(Material provided):
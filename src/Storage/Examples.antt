-- ===== src/Storage/Examples.antt =====
-- A disk that is a list of files by their paths, the latest first, and keys of two workspaces.
use vendorops_ai.Base.{
  ℕ, String, ◌≢◌, ◌≡◌, refl, Bool, true, false, Option, none, some, List, [], ◌∷◌, ◌&&◌, length,
  str_eq, eq_refl, unequal, subst, ap, str_append,
}
use Prim.Native.Char.{code}
use vendorops_ai.Base.{◌==◌}
use vendorops_ai.Retry.{Outcome, returned, raised}
use vendorops_ai.Storage.{Bytes}
use vendorops_ai.Storage.Keys.{is_safe, artifact_key}
use vendorops_ai.Storage.Keys.Apart.{all_safe, keys_apart}
use vendorops_ai.Storage.Local.{FileSystem, IsDisk, put_bytes}
use vendorops_ai.Storage.Local.RoundTrip.{IsPut, put_bytes-IsPut}

abbrev Disk : Type 0
Disk = List (String × Bytes)

-- Whether a text begins with another.
abbrev starts : String → String → Bool
starts s String.[] = true
starts String.[] (String.◌∷◌ d t) = false
starts (String.◌∷◌ c s) (String.◌∷◌ d t) = code c == code d && starts s t

abbrev lookup : String → Disk → Option Bytes
lookup p [] = none
lookup p ((q, content) ∷ files) =
    let rest = lookup p files in elim (str_eq p q) [ true ↦ some content | false ↦ rest ]

abbrev present : Option Bytes → Bool
present none = false
present (some content) = true

abbrev read_of : Option Bytes → Outcome Bytes String
read_of none = raised "no such file"
read_of (some content) = returned content

abbrev disk : FileSystem Disk
disk = record {
  PosixPath = String;
  path_of = λ s. s;
  text_of = λ p. p;
  join = λ p s. str_append p (str_append "/" s);
  resolve = λ p w. p;
  is_relative_to = starts;
  exists = λ p w. present (lookup p w);
  is_file = λ p w. present (lookup p w);
  write_bytes = λ p content w. (returned (length content), (p, content) ∷ w);
  read_bytes = λ p w. read_of (lookup p w);
  unlink = λ p w. (returned true, w);
}

latest : (p : String) (content : Bytes) (w : Disk) → lookup p ((p, content) ∷ w) ≡ some content
latest p content w =
    ap (λ (b : Bool). elim b [ true ↦ some content | false ↦ lookup p w ]) (eq_refl p)

kept :
    (p : String) (content : Bytes) (w w' : Disk) (n : ℕ)
    → disk.write_bytes p content w ≡ (returned n, w')
    → (disk.exists p w' ≡ true)
      × (disk.is_file p w' ≡ true)
      × (disk.read_bytes p w' ≡ returned content)
kept p content w w' n q =
    subst
      (λ (v : Disk).
        (disk.exists p v ≡ true)
        × (disk.is_file p v ≡ true)
        × (disk.read_bytes p v ≡ returned content))
      (ap (λ (x : Outcome ℕ String × Disk). x.1) q)
      (
        ap present (latest p content w),
        ap present (latest p content w),
        ap read_of (latest p content w),
      )

disk-IsDisk : IsDisk disk
disk-IsDisk = record {
  written = kept;
  write_moves_nothing = λ p q content w w' n e. refl;
  resolved_again = λ q w. refl;
}

put_bytes-IsPut_example :
    IsPut disk "/data" "workspaces/w1/artifacts/f1/a.txt"
      (1 ∷ 2 ∷ [])
      "text/plain"
      []
      (put_bytes disk "/data" "workspaces/w1/artifacts/f1/a.txt" (1 ∷ 2 ∷ []) "text/plain" [])
put_bytes-IsPut_example =
    put_bytes-IsPut disk "/data" "workspaces/w1/artifacts/f1/a.txt" (1 ∷ 2 ∷ []) "text/plain" []
      disk-IsDisk

first_key : artifact_key "w-1" "f1" (some "b/a.txt") ≡ returned "workspaces/w-1/artifacts/f1/a.txt"
unfolding artifact_key
first_key = refl

safe_id : all_safe "w-1" ≡ true
unfolding all_safe is_safe
safe_id = refl

other_safe_id : all_safe "w-2" ≡ true
unfolding all_safe is_safe
other_safe_id = refl

keys_apart_example :
    artifact_key "w-2" "../w-1" (some "a.txt") ≢ returned "workspaces/w-1/artifacts/f1/a.txt"
keys_apart_example =
    keys_apart "w-1" "w-2" "f1" "../w-1" (some "b/a.txt") (some "a.txt")
      "workspaces/w-1/artifacts/f1/a.txt" safe_id other_safe_id (unequal "w-1" "w-2" refl) first_key
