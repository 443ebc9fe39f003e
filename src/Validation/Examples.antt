-- ===== src/Validation/Examples.antt =====
-- A clean contract, and runs of the validation on it and on a bad invoice.
use vendorops_ai.Base.{ℕ, String, ◌≡◌, ◌≤◌, refl, ◌↔◌, false, none, some, List, [], ◌∷◌}
use vendorops_ai.Extraction.{negsuc, ExtractedBusinessRecord}
use vendorops_ai.Extraction.ExtractedRecordType.{invoice, contract}
use vendorops_ai.Validation.{
  ValidationFinding, missing_finding, unevidenced_finding, line_item_finding,
  validate_extracted_record,
}
use vendorops_ai.Validation.Clean.{IsClean, no_findings_iff}
use vendorops_ai.Validation.Review.{needs_review, no_review_iff}

abbrev two_decimals : ℕ → String
two_decimals n = "0.50"

abbrev good : ExtractedBusinessRecord
good = record {
  record_type = contract;
  vendor_name = some "Acme";
  document_id = some "C-1";
  document_date = none;
  due_date = none;
  total_amount = none;
  currency = none;
  summary = "";
  key_terms = [];
  line_items = [];
  source_evidence =
      record {
        field_name = "vendor_name";
        evidence_text = "Acme";
        page_number = none;
        confidence = 900000;
      }
      ∷ record {
        field_name = "document_id";
        evidence_text = "C-1";
        page_number = none;
        confidence = 900000;
      }
      ∷ [];
  confidence = 800000;
  needs_review = false;
  raw_fields = [];
}

abbrev bad : ExtractedBusinessRecord
bad = record good {
  record_type = invoice;
  total_amount = some (negsuc 4);
  confidence = 500000;
  line_items =
      record { description = "x"; quantity = none; unit_price = none; amount = none }
      ∷ record { description = "y"; quantity = none; unit_price = none; amount = some (negsuc 0) }
      ∷ [];
}

names : List ValidationFinding → List String
names [] = []
names (f ∷ fs) = f.error_type ∷ names fs

bad_findings :
    names (validate_extracted_record two_decimals bad)
    ≡ "required_field_missing" ∷ "low_confidence" ∷ "invalid_amount" ∷ "source_evidence_missing"
      ∷ "invalid_line_item_amount" ∷ []
unfolding names validate_extracted_record missing_finding unevidenced_finding line_item_finding
bad_findings = refl

good_has_no_findings : validate_extracted_record two_decimals good ≡ []
unfolding validate_extracted_record
good_has_no_findings = refl

no_findings_iff_example : (validate_extracted_record two_decimals good ≡ []) ↔ IsClean good
no_findings_iff_example = no_findings_iff two_decimals good

no_review_iff_example :
    (needs_review 700000 good (validate_extracted_record two_decimals good) ≡ false)
    ↔ ((good.needs_review ≡ false) × (700000 ≤ good.confidence) × IsClean good)
no_review_iff_example = no_review_iff two_decimals 700000 good
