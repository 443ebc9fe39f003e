-- ===== src/VendorCase.antt =====
-- app/workflows/vendor_case.py: the state machine of a vendor case.
mod Reachable
mod Examples
use vendorops_ai.Base.{
  String, Bool, true, false, ◌||◌, Option, none, some, List, [], ◌∷◌, if◌then◌else◌,
}

pub data VendorCaseState : Type 0 where
  received under_review ready_for_approval approved executing completed failed : VendorCaseState

-- _ALLOWED.
allowed : VendorCaseState → List VendorCaseState
allowed received = under_review ∷ []
allowed under_review = ready_for_approval ∷ failed ∷ []
allowed ready_for_approval = approved ∷ failed ∷ []
allowed approved = executing ∷ []
allowed executing = completed ∷ failed ∷ []
allowed completed = []
allowed failed = []

same_state : VendorCaseState → VendorCaseState → Bool
same_state received received = true
same_state under_review under_review = true
same_state ready_for_approval ready_for_approval = true
same_state approved approved = true
same_state executing executing = true
same_state completed completed = true
same_state failed failed = true
same_state _ _ = false

state_in : VendorCaseState → List VendorCaseState → Bool
unfolding same_state
state_in s [] = false
state_in s (t ∷ ts) = same_state s t || state_in s ts

pub record VendorCase : Type 0 where
  pub case_id : String
  pub state : VendorCaseState

-- The case that the constructor gives when no state is named.
abbrev pub new_case : String → VendorCase
new_case id = record { case_id = id; state = received }

-- `none` is InvalidTransition.
unfoldable pub transition : VendorCase → VendorCaseState → Option VendorCase
unfolding allowed state_in
transition c target =
    if state_in target (allowed c.state)
    then some (record { case_id = c.case_id; state = target })
    else none
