-- ===== src/VendorCase/Reachable.antt =====
-- Which states a vendor case reaches, and through which states.
use vendorops_ai.Base.{
  ℕ, suc, ◌+◌, ◌≤◌, String, ◌≡◌, ◌⊎◌, inl, inr, refl, ap, Bool, true, false, Option, none, some,
  List, [], ◌∷◌, arith, Has, length, Option-cases,
}
use vendorops_ai.VendorCase.{
  VendorCaseState, received, under_review, ready_for_approval, approved, executing, completed,
  failed, VendorCase, new_case, transition,
}

-- A sequence of requested transitions, of which none is refused: the states that it went through.
unfoldable pub run : VendorCase → List VendorCaseState → Option VendorCase
run c [] = some c
run c (t ∷ ts) = elim (transition c t) [ none ↦ none | some c' ↦ run c' ts ]

-- How far a state is from the first state on the way to `completed`.
abbrev pub level : VendorCaseState → ℕ
level received = 0
level under_review = 1
level ready_for_approval = 2
level approved = 3
level executing = 4
level completed = 5
level failed = 5

transition-level :
    (c c' : VendorCase) (t : VendorCaseState)
    → transition c t ≡ some c'
    → (c'.case_id ≡ c.case_id) × (c'.state ≡ t) × (suc (level c.state) ≤ level t)
unfolding transition
transition-level c c' t h = ground arith

-- The states from the approval on.
abbrev pub past_approval : VendorCaseState → Bool
past_approval approved = true
past_approval executing = true
past_approval completed = true
past_approval _ = false

transition-enters :
    (c c' : VendorCase) (t : VendorCaseState)
    → transition c t ≡ some c'
    → past_approval c.state ≡ false
    → (past_approval c'.state ≡ false) ⊎ (t ≡ approved)
unfolding transition
transition-enters c c' t h u = ground arith

run-passes :
    (c c' : VendorCase) (ts : List VendorCaseState)
    → run c ts ≡ some c'
    → past_approval c.state ≡ false
    → past_approval c'.state ≡ true
    → Has approved ts
unfolding run
run-passes c c' [] h u m = absurd (ground arith)
run-passes c c' (t ∷ ts) h u m = elim (Option-cases (transition c t)) [
  | inl e ↦ absurd (ground arith)
  | inr (d, e) ↦ elim (transition-enters c d t e u) [
    | inl v ↦ inr (run-passes d c' ts (rw (e, run) at h) v m)
    | inr a ↦ inl a
  ]
]

-- From a new case, every accepted sequence of transitions that ends in `approved`, `executing` or
-- `completed` contains a transition to `approved`.
pub completed_needs_approval :
    (id : String) (ts : List VendorCaseState) (c : VendorCase)
    → run (new_case id) ts ≡ some c
    → past_approval c.state ≡ true
    → Has approved ts
completed_needs_approval id ts c h e = run-passes (new_case id) c ts h refl e

run-level :
    (c c' : VendorCase) (ts : List VendorCaseState)
    → run c ts ≡ some c'
    → level c.state + length ts ≤ level c'.state
unfolding run
run-level c c' [] h = ground arith
run-level c c' (t ∷ ts) h = elim (Option-cases (transition c t)) [
  | inl e ↦ absurd (ground arith)
  | inr (d, e) ↦
      let (same, at, up) = transition-level c d t e in
      omega (arith, run-level d c' ts (rw (e, run) at h), ap level at)
]

level-le : (s : VendorCaseState) → level s ≤ 5
level-le s = ground arith

-- No accepted sequence from a new case is longer than five transitions, so every case comes to rest.
pub run-length :
    (id : String) (ts : List VendorCaseState) (c : VendorCase)
    → run (new_case id) ts ≡ some c
    → length ts ≤ 5
run-length id ts c h = omega (arith, run-level (new_case id) c ts h, level-le c.state)
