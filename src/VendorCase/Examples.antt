-- ===== src/VendorCase/Examples.antt =====
-- A vendor case that is completed, and the theorems at it.
use vendorops_ai.Base.{◌≤◌, ◌≡◌, refl, some, List, [], ◌∷◌, Has, length}
use vendorops_ai.VendorCase.{
  VendorCaseState, under_review, ready_for_approval, approved, executing, completed, VendorCase,
  new_case, transition,
}
use vendorops_ai.VendorCase.Reachable.{run, completed_needs_approval, run-length}

abbrev way : List VendorCaseState
way = under_review ∷ ready_for_approval ∷ approved ∷ executing ∷ completed ∷ []

abbrev done : VendorCase
done = record { case_id = "c1"; state = completed }

way_completes : run (new_case "c1") way ≡ some done
unfolding run transition
way_completes = refl

completed_needs_approval_example : Has approved way
completed_needs_approval_example = completed_needs_approval "c1" way done way_completes refl

run-length_example : length way ≤ 5
run-length_example = run-length "c1" way done way_completes
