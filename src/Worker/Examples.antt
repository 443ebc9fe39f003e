-- ===== src/Worker/Examples.antt =====
-- A round of the worker on a table with one job.
use vendorops_ai.Base.{◌≡◌, refl, false, none, some, [], ◌∷◌}
use vendorops_ai.Db.{queued, ProcessingJob, Database, empty_database}
use vendorops_ai.Jobs.{candidate, recover_expired_jobs}
use vendorops_ai.Worker.{other_error, Handler, WorkerSettings, Draws, run_once}
use vendorops_ai.Worker.Rounds.{run_once_idle}

abbrev job : ProcessingJob
job = record {
  id = "j1";
  organization_id = none;
  workspace_id = none;
  file_id = "f1";
  pipeline = "document_extraction";
  status = queued;
  error_message = none;
  attempts = 1;
  max_attempts = 3;
  next_run_at = 10;
  started_at = none;
  completed_at = none;
  failed_at = none;
  lease_owner = none;
  lease_expires_at = none;
  execution_id = none;
  execution_metadata = none;
  created_at = 10;
  updated_at = 10;
}

abbrev table : Database
table = record empty_database { jobs = job ∷ [] }

abbrev settings : WorkerSettings
settings = record {
  lease_duration = 60;
  retry = record { retry_base_seconds = 5; retry_max_seconds = 300 };
}

abbrev draws : Draws
draws = record {
  recover_now = 20;
  claim_now = 21;
  finish_now = 30;
  execution_id = "e1";
  audit_id = "x1";
  error_id = "x2";
  error_audit_id = "x3";
}

abbrev broken : Handler
broken j db = (some (other_error "OSError" "disk"), db)

recovered_same : recover_expired_jobs 20 table ≡ (0, table)
unfolding recover_expired_jobs
recovered_same = refl

run_once_idle_example :
    run_once settings "a" broken draws empty_database
    ≡ (false, (recover_expired_jobs 20 empty_database).1)
unfolding recover_expired_jobs candidate
run_once_idle_example = run_once_idle settings "a" broken draws empty_database refl
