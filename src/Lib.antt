-- ===== src/Lib.antt =====
-- clientprefs-redis is a SourceMod extension that keeps the preferences (cookies) of players in
-- Redis. A plugin makes cookies by name and reads and writes a text for each cookie and client. The
-- values of a client are fetched when the client is authorized, live in memory while it plays, and
-- the changed ones are saved when it leaves.
--
-- The parts and their files:
--   Base, Text  numbers, lists, state passing with faults; texts as lists of bytes, UTIL_strncpy of
--         extension.cpp (Text/Strncpy), std::to_string and std::stoi (Text/Decimal).
--   Sdk   what SourceMod gives: players, the table NameHashSet of cookies with what is relied on
--         of it, the size of the player arrays. It is a parameter of every definition that uses it.
--   State the structures of cookie.h and query.h, and `World`: the heap of cookies and values, the
--         fields of g_CookieManager and g_ClientPrefs, the queues of queries.
--   CookieManager  FindCookie, CreateCookie, GetCookieValue, SetCookieValue, GetCookieTime and the
--         callbacks that set an id (cookie.cpp).
--   Clients     OnClientAuthorized (cookie.cpp), AttemptReconnection and CatchLateLoadClients
--         (extension.cpp), which call one another.
--   Disconnect  OnClientDisconnecting (cookie.cpp), ClearQueryCache (extension.cpp).
--   Connect     ClientConnectCallback (cookie.cpp).
--   Query the queries of query.cpp: BindParamsAndRun and RunThreadPart, with the Redis server and
--         std::hash as parameters; the script of query.h (Query/Script).
--   Redis the class reply (reply.cpp); formatCommand, the client, and its worker with the batches
--         that it sends (client.cpp).
--   Natives     the natives on cookies, values and iterators (natives.cpp), and the one that reads a cookie's
--         handle for a menu (Natives/Prefab).
--   Menus the settings menu, the items of plugins and their removal (menus.cpp, natives.cpp,
--         OnPluginDestroyed of cookie.cpp); what the menu holds as a list of entries
--         (Menus/Entries, Steps), over time (Menus/Reach).
--   Extension   the configuration and the connection (SDK_OnLoad of extension.cpp), a turn of a query
--         thread, RunFrame with RunThinkPart (query.cpp), Unload (cookie.cpp), the clients
--         that a thread makes and deletes (Extension/Worker), the count of the threads that end
--         (Extension/Stop), what SourceMod is asked for from SDK_OnLoad to
--         SDK_OnDependenciesDropped (Extension/Lifecycle), Translate with ShowSettingsMenu
--         (Extension/Translate).
--   Ownership   who owns each value of the heap: nobody, a query, or a client; what every operation above
--         keeps of it (the children are named for the operations).
--   System      calls of the main thread, the turns of the query threads and the frames as
--         steps (SDK_OnLoad of extension.cpp), what holds in every world that they reach
--         (System/Safety), a queue that is worked off (System/Drain), values as a table of clients and
--         cookies (System/Table, Refines, Requests), and unloading (System/Destructor, Unload,
--         Lifecycle).
--   Tests a table and a server to evaluate on, and the theorems at concrete inputs.
--
-- The manager hands a query to the queue of the threads; a thread runs it against Redis, and the
-- main thread then calls the callback of its type, which is one of ClientConnectCallback,
-- InsertCookieCallback and SelectIdCallback. A main-thread operation is a function from `World` to
-- an optional result and `World`, where `none` is undefined behaviour: a null or dangling pointer
-- or an index past an array. An address is a number, and a freed address is never handed out again.
-- A run of a query may also end in an exception.
--
-- A step of System is a whole call of the main thread, or a thread that takes a query, or a thread
-- that has run its query and puts it behind the results; any number of threads may hold a query,
-- and each run of a query reads the heap as one. The arrays have places for the clients of the
-- server, and a handle of a cookie that a plugin uses leads to a cookie. Unload is not among the steps, since nothing runs after it; it is run in each world that
-- is reached, and SDK_OnDependenciesDropped runs it when the queue of the threads is deleted
-- already. Nor are the natives of the menu among the steps: the menu has a state of its own, and its
-- steps are those of Menus/Reach.
--
-- OnClientAuthorized calls itself through AttemptReconnection. Its model bounds the depth of that
-- recursion by the number of clients plus 2: each inner call takes a client that is not pending
-- yet. The loop in which a thread connects has as many rounds as there are attempts until one
-- succeeds; what connectDb does behind that loop is Extension/Config, and whether it and a run of a query
-- return to the thread are parameters of Extension/Worker. The printing of a number has one digit of fuel more than the number.
--
-- A plugin's loop over an iterator has one call more than there are cookies.
--
-- Not modelled: the interleaving of the threads with the main thread within a turn, logging, and the
-- phrases of translations. The libraries hiredis and moodycamel, of which the repository holds copies,
-- and SourceMod are parameters by what they return. A fault of the network appears as a reply that is
-- missing.
pub mod Base
pub mod Text
pub mod Sdk
pub mod State
pub mod CookieManager
pub mod Clients
pub mod Disconnect
pub mod Connect
pub mod Redis
pub mod Query
pub mod Natives
pub mod Extension
pub mod Menus
pub mod Ownership
pub mod System
pub mod Tests
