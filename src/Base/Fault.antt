-- ===== src/Base/Fault.antt =====
-- State passing with undefined behaviour: `none` is a fault, such as a read through a null or a
-- dangling pointer or past the end of an array.
use mathlib.Core.Bool.{Bool, true, false}
use mathlib.Core.Option.{Option, none, some}
use Prim.Native.Nat.{ℕ}
use clientprefs_redis.Base.Tests.{◌==◌, if◌then◌else◌}

abbrev pub M {ℓ} : Type ℓ → Type ℓ → Type ℓ
M S A = S → Option (A × S)

module _ {ℓ} {S A B : Type ℓ} where
  infixl 5 ◌>>=◌ ◌>>◌
  abbrev pub ◌>>=◌ : M S A → (A → M S B) → M S B
  ◌>>=◌ m f s = elim (m s) [ none ↦ none | some (a, s') ↦ f a s' ]

  abbrev pub ◌>>◌ : M S A → M S B → M S B
  m >> k = m >>= λ _. k

module _ {ℓ} {S A : Type ℓ} where
  abbrev pub pure : A → M S A
  pure a s = some (a, s)

  abbrev pub fault : M S A
  fault s = none

  abbrev pub gets : (S → A) → M S A
  gets f s = some (f s, s)

  -- A null or dangling pointer is a fault.
  abbrev pub deref : Option A → M S A
  deref none s = none
  deref (some a) s = some (a, s)

abbrev pub modify : {S : Type 0} → (S → S) → M S Unit
modify f s = some (tt, f s)

abbrev pub check : {S : Type 0} → Bool → M S Unit
check true s = some (tt, s)
check false s = none

-- A write to one place of a heap or an array.
abbrev pub update {ℓ} : {A : Type ℓ} → (ℕ → A) → ℕ → A → ℕ → A
update f p v q = if p == q then v else f q
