-- ===== src/Text.antt =====
-- C strings and the text routines of the C and C++ libraries that the extension uses.
pub mod Strncpy
pub mod Decimal
use Prim.Native.Char.{code}
use Prim.Native.String.{String}
use clientprefs_redis.Base.{◌∷◌, ℕ, List, ◌-◌, take, Option, none, some, [], ◌≢◌, All}

-- The bytes before the terminating NUL.
abbrev pub Text : Type 0
Text = List ℕ

-- No byte of a C string is NUL.
abbrev pub IsText : Text → Type 0
IsText = All (λ c. c ≢ 0)

-- What a reader finds in a buffer after `UTIL_strncpy(buffer, source, num)`; `none` is NULL.
-- (`Strncpy` proves this of the buffer.)
unfoldable pub clip : ℕ → Option Text → Text
clip num none = []
clip num (some source) = take (num - 1) source

-- The bytes of a literal in ASCII. `String` has its own `[]` and `∷`.
abbrev pub codes : String → Text
codes String.[] = []
codes (String.◌∷◌ c s) = code c ∷ codes s
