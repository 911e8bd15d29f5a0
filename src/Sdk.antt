-- ===== src/Sdk.antt =====
-- What the extension is given by SourceMod and by the C++ library, none of which is under the
-- repository: the players, the table of cookies by name, the size of the player arrays.
use clientprefs_redis.Base.{ℕ, ◌≡◌, ◌≢◌, ◌⊎◌, List, [], ◌∷◌, Option, none, some, Bool}
use clientprefs_redis.Text.{Text}

-- IGamePlayer. `none` stands for a NULL text.
pub record GamePlayer : Type 0 where
  pub fake : Bool
  pub authorized : Bool
  pub serial : ℕ
  pub steam2 : Option Text
  pub steam3 : Option Text
  pub auth_string : Option Text

-- playerhelpers, and time(NULL), at the moment of a call.
pub record Server : Type 0 where
  pub max_clients : ℕ
  pub player : ℕ → Option GamePlayer
  pub client_from_serial : ℕ → ℕ
  pub time : ℕ

-- One insertion into a NameHashSet<Cookie *>: the key, the `name` of the cookie, and its address.
pub record Entry : Type 0 where
  pub key : Text
  pub name : Text
  pub cookie : ℕ

-- A cookie of this name was inserted at this address.
abbrev pub HasEntry : List Entry → Text → ℕ → Type 0
HasEntry [] k c = ⊥
HasEntry (e ∷ es) k c = ((e.name ≡ k) × (e.cookie ≡ c)) ⊎ HasEntry es k c

-- NameHashSet as the function of its insertions, the latest first, that `retrieve` is: a cookie is
-- found under a key that it was inserted with and that `Cookie::matches` its name, and never under
-- a key that is not its name; and what is found was inserted. Where the key of the insertion and the name differ, whether the name
-- finds it depends on the hashes, and nothing is assumed. SM_MAXPLAYERS is `max_players`.
pub record Sdk : Type 0 where
  pub max_players : ℕ
  pub retrieve : List Entry → Text → Option ℕ
  pub retrieve-nil : (k : Text) → retrieve [] k ≡ none
  pub retrieve-cons_self :
      (es : List Entry) (k : Text) (c : ℕ)
      → retrieve es k ≡ none
      → retrieve (record { key = k; name = k; cookie = c } ∷ es) k ≡ some c
  pub retrieve-cons_ne :
      (e : Entry) (es : List Entry) (k : Text) → k ≢ e.name → retrieve (e ∷ es) k ≡ retrieve es k
  pub retrieve-HasEntry :
      (es : List Entry) (k : Text) (c : ℕ) → retrieve es k ≡ some c → HasEntry es k c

(Task to complete): Using the records above, set down exactly the lines from the one with "first_key = refl" through the one with "record_type = contract;", inclusive, and nothing more.

(Written solution):
first_key = refl

safe_id : all_safe "w-1" ≡ true
unfolding all_safe is_safe
safe_id = refl

other_safe_id : all_safe "w-2" ≡ true
unfolding all_safe is_safe
other_safe_id = refl

keys_apart_example :
    artifact_key "w-2" "../w-1" (some "a.txt") ≢ returned "workspaces/w-1/artifacts/f1/a.txt"
keys_apart_example =
    keys_apart "w-1" "w-2" "f1" "../w-1" (some "b/a.txt") (some "a.txt")
      "workspaces/w-1/artifacts/f1/a.txt" safe_id other_safe_id (unequal "w-1" "w-2" refl) first_key
repository 443ebc9fe39f003e
filename src/Validation/Examples.antt
-- ===== src/Validation/Examples.antt =====
-- A clean contract, and runs of the validation on it and on a bad invoice.
use vendorops_ai.Base.{ℕ, String, ◌≡◌, ◌≤◌, refl, ◌↔◌, false, none, some, List, [], ◌∷◌}
use vendorops_ai.Extraction.{negsuc, ExtractedBusinessRecord}
use vendorops_ai.Extraction.ExtractedRecordType.{invoice, contract}
use vendorops_ai.Validation.{
  ValidationFinding, missing_finding, unevidenced_finding, line_item_finding,
  validate_extracted_record,
}
use vendorops_ai.Validation.Clean.{IsClean, no_findings_iff}
use vendorops_ai.Validation.Review.{needs_review, no_review_iff}

abbrev two_decimals : ℕ → String
two_decimals n = "0.50"

abbrev good : ExtractedBusinessRecord
good = record {
  record_type = contract;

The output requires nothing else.